Scenario: Under extremely rare DMA stress conditions, an L2 learning thread may timeout and exit preventing future MAC learning.

Workaround: Reboot the switch or monitor the L2 thread and restart it with an NAE script.

Fixed in: 10.06.0130, 10.7.0010, and above.

Aruba release notes

To fix the issue without upgrading software

Run an NAE script on the 8325 platform switches to resolve MAC learning issue.

Important information

  • This NAE script creates a Bash script in /tmp and runs every 60 seconds
  • The script writes file to storage every 60 seconds (NAE alert file)
  • There are no controls over alert status
  • Event log is created when a problem is detected
    • BCML2X has quit unexpectedly, attempting to restart...
  • The error can also be found using grep on /var/log/messages
  • REST API URI is /rest/v10.04/logs/event?SYSLOG_IDENTIFIER=root&since=yesterday
  • Delete agent and script after upgrading to 10.06.0130+
  • Monitor eMMC health if planning to run for a long time
  • Command to run on 8325 switches: show system resource | include utiliz

Script locations

Install of NAE script

After the script has been successfully installed, the Network Analytics Engine will monitor the switch and automatically fix the MAC learning issue.

Automated install of NAE script

The automated install script will upload and enable the NAE script.

Prerequisites

  • The nae-upload.py script relies on /etc/hosts file to pull IP addresses of the switch. Without this information the script will not run.
  • An 8325 running software version below 10.06.0130.
  • Script assumes default username admin for the switch and it will prompt for the password.
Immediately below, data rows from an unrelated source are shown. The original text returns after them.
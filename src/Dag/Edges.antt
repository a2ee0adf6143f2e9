-- ===== src/Dag/Edges.antt =====
-- What each operation on a Dag does to its nodes, dependents and dependencies.
use ottoflow.Prelude.{
  String, Bool, List, [], ◌∷◌, ◌≡◌, refl, ◌==◌, ◌||◌, ◌&&◌, contains, contains-append, is_some,
  arith, eq_iff,
}
use ottoflow.Dag.{Node, find, add_name, add_dependent, add_dependency}
use ottoflow.Dag.Graph.{successors, predecessors}

abbrev pub has_node : List Node → String → Bool
has_node ns a = is_some (find a ns)

-- Is there an edge, as the dependents and as the dependencies have it?
abbrev pub forward : List Node → String → String → Bool
forward ns a b = contains b (successors ns a)

abbrev pub backward : List Node → String → String → Bool
backward ns a b = contains a (predecessors ns b)

contains-add_name :
    (x a : String) (xs : List String) → contains x (add_name a xs) ≡ (a == x || contains x xs)
unfolding add_name
contains-add_name x a xs = ground (arith, contains-append x xs (a ∷ []), eq_iff a x)

pub find-add_dependent :
    (name a u : String) (ns : List Node) → has_node (add_dependent name a ns) u ≡ has_node ns u
unfolding add_dependent find
find-add_dependent name a u [] = refl
find-add_dependent name a u (n ∷ ns) = ground (arith, find-add_dependent name a u ns)

pub find-add_dependency :
    (name a u : String) (ns : List Node) → has_node (add_dependency name a ns) u ≡ has_node ns u
unfolding add_dependency find
find-add_dependency name a u [] = refl
find-add_dependency name a u (n ∷ ns) = ground (arith, find-add_dependency name a u ns)

pub forward-add_dependent :
    (name w a b : String) (ns : List Node)
    → forward (add_dependent name w ns) a b
      ≡ (has_node ns name && name == a && w == b || forward ns a b)
unfolding add_dependent find successors
forward-add_dependent name w a b [] = refl
forward-add_dependent name w a b (n ∷ ns) = ground (
  arith,
  forward-add_dependent name w a b ns,
  contains-add_name b w n.dependents,
  eq_iff n.name name,
  eq_iff n.name a,
  eq_iff name a,
)

pub backward-add_dependent :
    (name w a b : String) (ns : List Node)
    → backward (add_dependent name w ns) a b ≡ backward ns a b
unfolding add_dependent find predecessors
backward-add_dependent name w a b [] = refl
backward-add_dependent name w a b (n ∷ ns) = ground (arith, backward-add_dependent name w a b ns)

pub forward-add_dependency :
    (name w a b : String) (ns : List Node) → forward (add_dependency name w ns) a b ≡ forward ns a b
unfolding add_dependency find successors
forward-add_dependency name w a b [] = refl
forward-add_dependency name w a b (n ∷ ns) = ground (arith, forward-add_dependency name w a b ns)

pub backward-add_dependency :
    (name w a b : String) (ns : List Node)
    → backward (add_dependency name w ns) a b
      ≡ (has_node ns name && name == b && w == a || backward ns a b)
unfolding add_dependency find predecessors
backward-add_dependency name w a b [] = refl
backward-add_dependency name w a b (n ∷ ns) = ground (
  arith,
  backward-add_dependency name w a b ns,
  contains-add_name a w n.dependencies,
  eq_iff n.name name,
  eq_iff n.name b,
  eq_iff name b,
)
NOTE: The nae-upload.py script automatically detects 8325 switches and only applies the fix to this platform.

Procedure

  1. Ensure the latest documentation RPM is installed on the NCN where this procedure is being performed.

    See Check for latest workarounds and documentation updates.

  2. Run the install script.

    ncn-m001# /usr/share/doc/csm/upgrade/1.0.1/scripts/aruba/nae_upload.py
    
  3. When prompted, enter the switch password.

Known error messages

Incorrect password

Example output:

Switch login password:
Traceback (most recent call last):
File "./nae_upload.py", line 57, in <module>
platform = system.json()
File "/usr/lib/python3.6/site-packages/requests/models.py", line 898, in json
return complexjson.loads(self.text, **kwargs)
File "/usr/lib64/python3.6/site-packages/simplejson/__init__.py", line 518, in loads
return _default_decoder.decode(s)
File "/usr/lib64/python3.6/site-packages/simplejson/decoder.py", line 373, in decode
raise JSONDecodeError("Extra data", s, end, len(s))
simplejson.errors.JSONDecodeError: Extra data: line 1 column 5 - line 1 column 27 (char 4 - 26)
Script already loaded

Example output:

Switch login password:
L2X-Watchdog NAE script is already installed on sw-spine-001.
L2X-Watchdog NAE script is already installed on sw-spine-002.

Manual install of the NAE script

  1. Download the NAE script to a system with web access to a AOS-CX device.

    See Script locations for links to the script.

  2. Log in to an AOS-CX device via the Web User Interface.

  3. Navigate to the Scripts page.

    1. Click on the Analytics section on the left.

    2. Click on the Scripts button in the top, middle section.

  4. On the Scripts page, click the Upload button and select the NAE script on the local system.

    This will install the NAE script to the AOS-CX device.

  5. Create an agent to run the script.

    1. On the Scripts page, click the Create Agent button.

    2. When prompted, enter any name for the agent. All other values should be left as default.

    3. Click Create.

  6. Confirm that the Agent is running.

    1. Navigate to the Agents page.

    2. Click on the agent created in the previous step.

    3. Confirm that it is running and no errors have been generated.